** Opening RECORDS SUPPLIED block **

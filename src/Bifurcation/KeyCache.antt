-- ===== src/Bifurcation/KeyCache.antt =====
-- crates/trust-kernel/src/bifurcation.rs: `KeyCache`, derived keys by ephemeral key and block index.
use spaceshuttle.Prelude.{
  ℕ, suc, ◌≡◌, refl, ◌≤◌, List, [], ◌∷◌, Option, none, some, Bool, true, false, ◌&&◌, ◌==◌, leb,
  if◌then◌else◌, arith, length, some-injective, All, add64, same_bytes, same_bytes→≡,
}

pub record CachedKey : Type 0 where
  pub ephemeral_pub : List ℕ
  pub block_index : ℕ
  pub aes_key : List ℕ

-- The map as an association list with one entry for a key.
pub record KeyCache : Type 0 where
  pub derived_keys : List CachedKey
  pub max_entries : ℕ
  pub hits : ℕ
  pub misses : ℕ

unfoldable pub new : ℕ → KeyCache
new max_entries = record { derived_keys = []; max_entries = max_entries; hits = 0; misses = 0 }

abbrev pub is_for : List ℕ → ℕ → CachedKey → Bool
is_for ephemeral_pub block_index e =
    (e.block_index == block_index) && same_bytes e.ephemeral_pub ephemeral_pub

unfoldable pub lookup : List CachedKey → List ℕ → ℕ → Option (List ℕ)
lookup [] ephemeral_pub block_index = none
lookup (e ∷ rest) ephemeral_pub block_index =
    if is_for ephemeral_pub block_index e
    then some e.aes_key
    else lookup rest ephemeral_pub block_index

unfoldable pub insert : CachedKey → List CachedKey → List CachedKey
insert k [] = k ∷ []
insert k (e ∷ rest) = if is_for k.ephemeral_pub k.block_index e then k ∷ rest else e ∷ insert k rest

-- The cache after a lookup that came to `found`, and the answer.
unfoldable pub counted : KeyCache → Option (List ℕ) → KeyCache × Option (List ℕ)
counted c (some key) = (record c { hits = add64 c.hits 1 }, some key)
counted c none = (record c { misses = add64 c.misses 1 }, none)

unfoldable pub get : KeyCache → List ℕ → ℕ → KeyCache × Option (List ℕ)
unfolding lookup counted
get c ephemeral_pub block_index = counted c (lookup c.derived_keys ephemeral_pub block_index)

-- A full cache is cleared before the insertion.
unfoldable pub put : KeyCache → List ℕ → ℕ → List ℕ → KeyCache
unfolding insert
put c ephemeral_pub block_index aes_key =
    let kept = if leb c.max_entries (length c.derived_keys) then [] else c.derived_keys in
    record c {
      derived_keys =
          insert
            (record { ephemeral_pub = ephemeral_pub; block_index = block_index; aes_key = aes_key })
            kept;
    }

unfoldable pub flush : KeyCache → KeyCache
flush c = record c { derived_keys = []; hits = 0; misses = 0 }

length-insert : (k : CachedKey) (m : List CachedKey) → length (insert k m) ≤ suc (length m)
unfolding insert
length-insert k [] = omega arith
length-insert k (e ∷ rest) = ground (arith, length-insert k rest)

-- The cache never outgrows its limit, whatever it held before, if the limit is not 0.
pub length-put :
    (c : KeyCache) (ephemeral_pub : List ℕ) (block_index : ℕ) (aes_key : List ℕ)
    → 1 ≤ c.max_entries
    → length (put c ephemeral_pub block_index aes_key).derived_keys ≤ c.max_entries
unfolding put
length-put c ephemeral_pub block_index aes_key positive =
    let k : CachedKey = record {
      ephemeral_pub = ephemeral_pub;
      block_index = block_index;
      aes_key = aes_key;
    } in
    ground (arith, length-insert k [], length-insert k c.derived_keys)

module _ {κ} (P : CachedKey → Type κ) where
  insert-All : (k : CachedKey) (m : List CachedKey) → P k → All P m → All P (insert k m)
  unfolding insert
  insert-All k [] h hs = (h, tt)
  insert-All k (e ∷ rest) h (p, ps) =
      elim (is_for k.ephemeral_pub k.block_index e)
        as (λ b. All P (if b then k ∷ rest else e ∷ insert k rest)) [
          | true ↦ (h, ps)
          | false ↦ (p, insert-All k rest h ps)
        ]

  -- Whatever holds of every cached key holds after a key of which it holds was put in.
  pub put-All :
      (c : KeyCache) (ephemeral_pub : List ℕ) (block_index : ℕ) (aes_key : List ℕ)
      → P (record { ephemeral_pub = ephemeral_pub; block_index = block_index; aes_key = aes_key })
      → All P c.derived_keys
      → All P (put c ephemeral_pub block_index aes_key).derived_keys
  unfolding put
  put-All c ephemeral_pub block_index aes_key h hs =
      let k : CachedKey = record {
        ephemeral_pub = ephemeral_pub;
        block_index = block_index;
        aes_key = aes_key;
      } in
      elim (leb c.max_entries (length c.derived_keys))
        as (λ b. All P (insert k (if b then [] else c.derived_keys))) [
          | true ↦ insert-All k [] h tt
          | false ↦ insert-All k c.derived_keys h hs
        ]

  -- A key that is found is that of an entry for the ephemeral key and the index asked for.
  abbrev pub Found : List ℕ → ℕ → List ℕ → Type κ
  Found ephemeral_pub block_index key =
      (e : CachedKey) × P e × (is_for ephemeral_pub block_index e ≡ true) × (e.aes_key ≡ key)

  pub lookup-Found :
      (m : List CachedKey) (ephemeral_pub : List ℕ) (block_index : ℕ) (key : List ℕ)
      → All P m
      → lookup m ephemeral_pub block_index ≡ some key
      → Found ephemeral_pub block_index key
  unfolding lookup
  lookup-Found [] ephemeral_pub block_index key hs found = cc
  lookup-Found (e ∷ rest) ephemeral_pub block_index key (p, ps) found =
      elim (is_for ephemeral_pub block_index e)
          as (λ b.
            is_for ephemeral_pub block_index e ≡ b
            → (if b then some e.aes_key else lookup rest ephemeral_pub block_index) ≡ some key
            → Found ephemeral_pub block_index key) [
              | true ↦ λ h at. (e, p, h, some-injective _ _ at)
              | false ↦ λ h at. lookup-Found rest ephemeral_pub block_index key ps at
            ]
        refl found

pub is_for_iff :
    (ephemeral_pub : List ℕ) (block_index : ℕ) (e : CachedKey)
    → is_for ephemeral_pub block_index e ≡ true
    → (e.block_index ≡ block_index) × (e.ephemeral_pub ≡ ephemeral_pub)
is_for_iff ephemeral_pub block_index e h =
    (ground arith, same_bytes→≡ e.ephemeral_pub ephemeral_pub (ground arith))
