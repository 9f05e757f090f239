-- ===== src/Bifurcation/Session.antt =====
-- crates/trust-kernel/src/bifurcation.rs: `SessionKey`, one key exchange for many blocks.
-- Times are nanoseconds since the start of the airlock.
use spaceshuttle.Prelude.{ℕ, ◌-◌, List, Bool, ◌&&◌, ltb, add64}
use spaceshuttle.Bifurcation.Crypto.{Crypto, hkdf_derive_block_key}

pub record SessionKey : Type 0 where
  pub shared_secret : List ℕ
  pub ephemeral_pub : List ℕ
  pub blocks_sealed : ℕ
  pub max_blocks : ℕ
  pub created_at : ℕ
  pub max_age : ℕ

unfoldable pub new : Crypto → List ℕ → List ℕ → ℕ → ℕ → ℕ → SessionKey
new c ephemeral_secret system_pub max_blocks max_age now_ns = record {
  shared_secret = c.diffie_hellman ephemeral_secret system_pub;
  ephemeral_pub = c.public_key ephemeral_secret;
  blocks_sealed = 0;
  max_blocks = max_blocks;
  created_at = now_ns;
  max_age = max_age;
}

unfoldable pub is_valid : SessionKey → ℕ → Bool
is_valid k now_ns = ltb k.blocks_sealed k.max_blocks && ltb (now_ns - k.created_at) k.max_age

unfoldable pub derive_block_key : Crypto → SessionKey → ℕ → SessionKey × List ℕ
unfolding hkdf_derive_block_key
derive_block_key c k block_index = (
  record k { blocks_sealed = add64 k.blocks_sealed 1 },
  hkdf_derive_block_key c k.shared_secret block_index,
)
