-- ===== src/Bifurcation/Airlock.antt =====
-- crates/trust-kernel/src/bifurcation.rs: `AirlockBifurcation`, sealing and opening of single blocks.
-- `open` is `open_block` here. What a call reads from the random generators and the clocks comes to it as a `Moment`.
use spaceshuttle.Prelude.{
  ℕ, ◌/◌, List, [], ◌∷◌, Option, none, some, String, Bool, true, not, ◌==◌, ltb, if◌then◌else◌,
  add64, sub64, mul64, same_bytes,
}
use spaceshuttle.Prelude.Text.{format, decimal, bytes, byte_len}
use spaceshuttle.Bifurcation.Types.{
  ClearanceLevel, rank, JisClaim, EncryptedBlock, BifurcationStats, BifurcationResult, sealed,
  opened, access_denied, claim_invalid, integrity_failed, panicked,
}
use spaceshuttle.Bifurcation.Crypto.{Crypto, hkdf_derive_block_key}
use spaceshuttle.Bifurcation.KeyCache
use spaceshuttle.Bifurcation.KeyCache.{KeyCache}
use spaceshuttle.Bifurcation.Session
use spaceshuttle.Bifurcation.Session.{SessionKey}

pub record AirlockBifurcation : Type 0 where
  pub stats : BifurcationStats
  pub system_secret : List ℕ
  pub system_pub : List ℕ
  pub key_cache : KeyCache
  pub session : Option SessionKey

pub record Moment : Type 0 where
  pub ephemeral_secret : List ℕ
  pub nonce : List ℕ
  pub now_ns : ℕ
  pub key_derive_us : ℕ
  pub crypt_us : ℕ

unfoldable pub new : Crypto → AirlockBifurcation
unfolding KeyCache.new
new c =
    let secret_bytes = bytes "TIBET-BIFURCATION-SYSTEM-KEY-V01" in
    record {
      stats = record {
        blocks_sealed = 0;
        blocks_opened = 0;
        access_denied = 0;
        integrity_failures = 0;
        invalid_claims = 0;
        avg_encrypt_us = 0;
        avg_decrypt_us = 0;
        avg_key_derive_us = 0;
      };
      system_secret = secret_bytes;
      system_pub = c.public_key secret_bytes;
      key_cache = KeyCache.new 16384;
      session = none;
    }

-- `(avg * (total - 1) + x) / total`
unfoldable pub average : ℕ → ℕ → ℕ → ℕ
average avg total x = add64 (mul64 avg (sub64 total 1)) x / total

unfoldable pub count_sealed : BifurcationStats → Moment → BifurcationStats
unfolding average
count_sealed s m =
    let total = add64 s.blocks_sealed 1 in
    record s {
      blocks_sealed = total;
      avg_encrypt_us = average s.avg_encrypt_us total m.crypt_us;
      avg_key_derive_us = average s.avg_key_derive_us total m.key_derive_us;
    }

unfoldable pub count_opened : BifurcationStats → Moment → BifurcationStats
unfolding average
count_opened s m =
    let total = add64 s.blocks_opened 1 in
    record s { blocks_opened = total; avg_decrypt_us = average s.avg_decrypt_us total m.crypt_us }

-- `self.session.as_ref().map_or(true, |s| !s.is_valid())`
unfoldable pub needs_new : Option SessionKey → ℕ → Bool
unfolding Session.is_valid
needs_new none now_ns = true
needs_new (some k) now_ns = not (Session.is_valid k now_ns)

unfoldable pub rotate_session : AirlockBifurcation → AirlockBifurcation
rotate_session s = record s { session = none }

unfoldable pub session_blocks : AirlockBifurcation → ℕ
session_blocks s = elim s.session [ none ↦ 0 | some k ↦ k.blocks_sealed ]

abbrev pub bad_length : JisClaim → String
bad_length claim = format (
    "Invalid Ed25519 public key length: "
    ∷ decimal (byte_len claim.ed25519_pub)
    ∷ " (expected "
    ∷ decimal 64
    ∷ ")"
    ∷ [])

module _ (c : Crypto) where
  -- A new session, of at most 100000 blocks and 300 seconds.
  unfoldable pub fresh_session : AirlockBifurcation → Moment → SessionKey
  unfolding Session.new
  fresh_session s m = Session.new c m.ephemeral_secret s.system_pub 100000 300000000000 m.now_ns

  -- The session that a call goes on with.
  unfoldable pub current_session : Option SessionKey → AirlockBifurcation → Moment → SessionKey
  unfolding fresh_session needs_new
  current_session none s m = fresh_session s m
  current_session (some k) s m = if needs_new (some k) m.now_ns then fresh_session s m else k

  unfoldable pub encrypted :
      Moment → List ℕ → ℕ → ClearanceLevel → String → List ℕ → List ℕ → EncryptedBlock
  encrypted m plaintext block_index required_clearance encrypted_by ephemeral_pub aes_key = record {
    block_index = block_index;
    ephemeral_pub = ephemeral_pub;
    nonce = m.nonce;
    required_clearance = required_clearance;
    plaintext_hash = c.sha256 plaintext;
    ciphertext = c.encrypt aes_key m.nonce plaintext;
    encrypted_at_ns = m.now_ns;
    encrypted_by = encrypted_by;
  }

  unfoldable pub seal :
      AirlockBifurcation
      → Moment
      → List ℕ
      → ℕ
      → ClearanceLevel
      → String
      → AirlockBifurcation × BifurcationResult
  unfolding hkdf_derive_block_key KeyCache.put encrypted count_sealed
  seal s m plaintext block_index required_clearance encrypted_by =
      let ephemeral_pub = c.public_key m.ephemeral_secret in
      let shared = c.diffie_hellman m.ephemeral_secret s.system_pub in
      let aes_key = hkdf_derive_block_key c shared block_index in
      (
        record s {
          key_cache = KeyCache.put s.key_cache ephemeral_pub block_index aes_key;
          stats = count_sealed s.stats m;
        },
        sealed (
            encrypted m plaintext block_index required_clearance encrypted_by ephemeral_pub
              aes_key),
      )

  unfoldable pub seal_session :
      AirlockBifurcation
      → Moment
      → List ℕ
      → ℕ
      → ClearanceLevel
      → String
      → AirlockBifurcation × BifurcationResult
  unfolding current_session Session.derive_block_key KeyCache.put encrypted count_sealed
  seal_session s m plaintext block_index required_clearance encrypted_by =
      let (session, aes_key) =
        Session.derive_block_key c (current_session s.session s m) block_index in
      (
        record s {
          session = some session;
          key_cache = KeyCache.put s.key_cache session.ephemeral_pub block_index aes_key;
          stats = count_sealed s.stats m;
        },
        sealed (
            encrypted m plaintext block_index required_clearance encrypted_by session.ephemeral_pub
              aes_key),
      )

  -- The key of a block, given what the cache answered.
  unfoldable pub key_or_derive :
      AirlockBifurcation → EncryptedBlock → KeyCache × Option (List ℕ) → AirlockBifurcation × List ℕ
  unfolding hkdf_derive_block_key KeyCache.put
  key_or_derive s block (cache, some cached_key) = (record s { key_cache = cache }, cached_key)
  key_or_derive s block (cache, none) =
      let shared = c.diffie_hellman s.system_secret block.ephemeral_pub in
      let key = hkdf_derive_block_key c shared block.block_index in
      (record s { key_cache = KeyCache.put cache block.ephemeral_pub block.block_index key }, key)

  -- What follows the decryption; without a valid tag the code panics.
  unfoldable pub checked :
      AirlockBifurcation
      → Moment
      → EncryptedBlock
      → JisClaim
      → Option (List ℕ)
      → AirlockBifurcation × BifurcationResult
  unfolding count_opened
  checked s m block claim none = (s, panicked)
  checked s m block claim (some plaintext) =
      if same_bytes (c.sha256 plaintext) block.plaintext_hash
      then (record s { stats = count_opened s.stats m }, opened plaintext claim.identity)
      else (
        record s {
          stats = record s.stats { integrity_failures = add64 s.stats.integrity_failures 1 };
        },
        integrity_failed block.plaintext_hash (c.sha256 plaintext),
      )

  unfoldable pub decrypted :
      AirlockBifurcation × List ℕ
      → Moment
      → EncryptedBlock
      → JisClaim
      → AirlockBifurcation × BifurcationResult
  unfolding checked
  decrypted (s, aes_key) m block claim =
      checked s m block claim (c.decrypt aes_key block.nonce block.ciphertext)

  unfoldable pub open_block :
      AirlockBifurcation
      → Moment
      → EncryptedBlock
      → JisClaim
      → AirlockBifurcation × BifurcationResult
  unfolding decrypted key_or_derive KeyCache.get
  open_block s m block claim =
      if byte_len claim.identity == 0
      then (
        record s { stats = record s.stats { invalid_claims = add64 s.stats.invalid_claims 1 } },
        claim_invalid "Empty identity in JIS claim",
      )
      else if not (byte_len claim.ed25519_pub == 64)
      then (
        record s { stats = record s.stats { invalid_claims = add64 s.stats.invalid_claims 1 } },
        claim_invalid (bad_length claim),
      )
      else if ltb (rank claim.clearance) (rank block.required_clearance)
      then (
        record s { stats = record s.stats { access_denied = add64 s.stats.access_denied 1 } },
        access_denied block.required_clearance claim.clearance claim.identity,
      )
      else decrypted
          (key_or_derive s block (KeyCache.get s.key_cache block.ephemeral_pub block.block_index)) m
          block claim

** Closing RECORDS SUPPLIED block **

§ **YOUR ASSIGNMENT**
The lines above starting at the one that contains "decimal (byte_len claim.ed25519_pub)" and ending at the one that contains "fresh_session s m = Session.new" must be transcribed exactly, and no other lines may appear.

§ **TASK RESPONSE**
    ∷ decimal (byte_len claim.ed25519_pub)
    ∷ " (expected "
    ∷ decimal 64
    ∷ ")"
    ∷ [])

module _ (c : Crypto) where
  -- A new session, of at most 100000 blocks and 300 seconds.
  unfoldable pub fresh_session : AirlockBifurcation → Moment → SessionKey
  unfolding Session.new
  fresh_session s m = Session.new c m.ephemeral_secret s.system_pub 100000 300000000000 m.now_ns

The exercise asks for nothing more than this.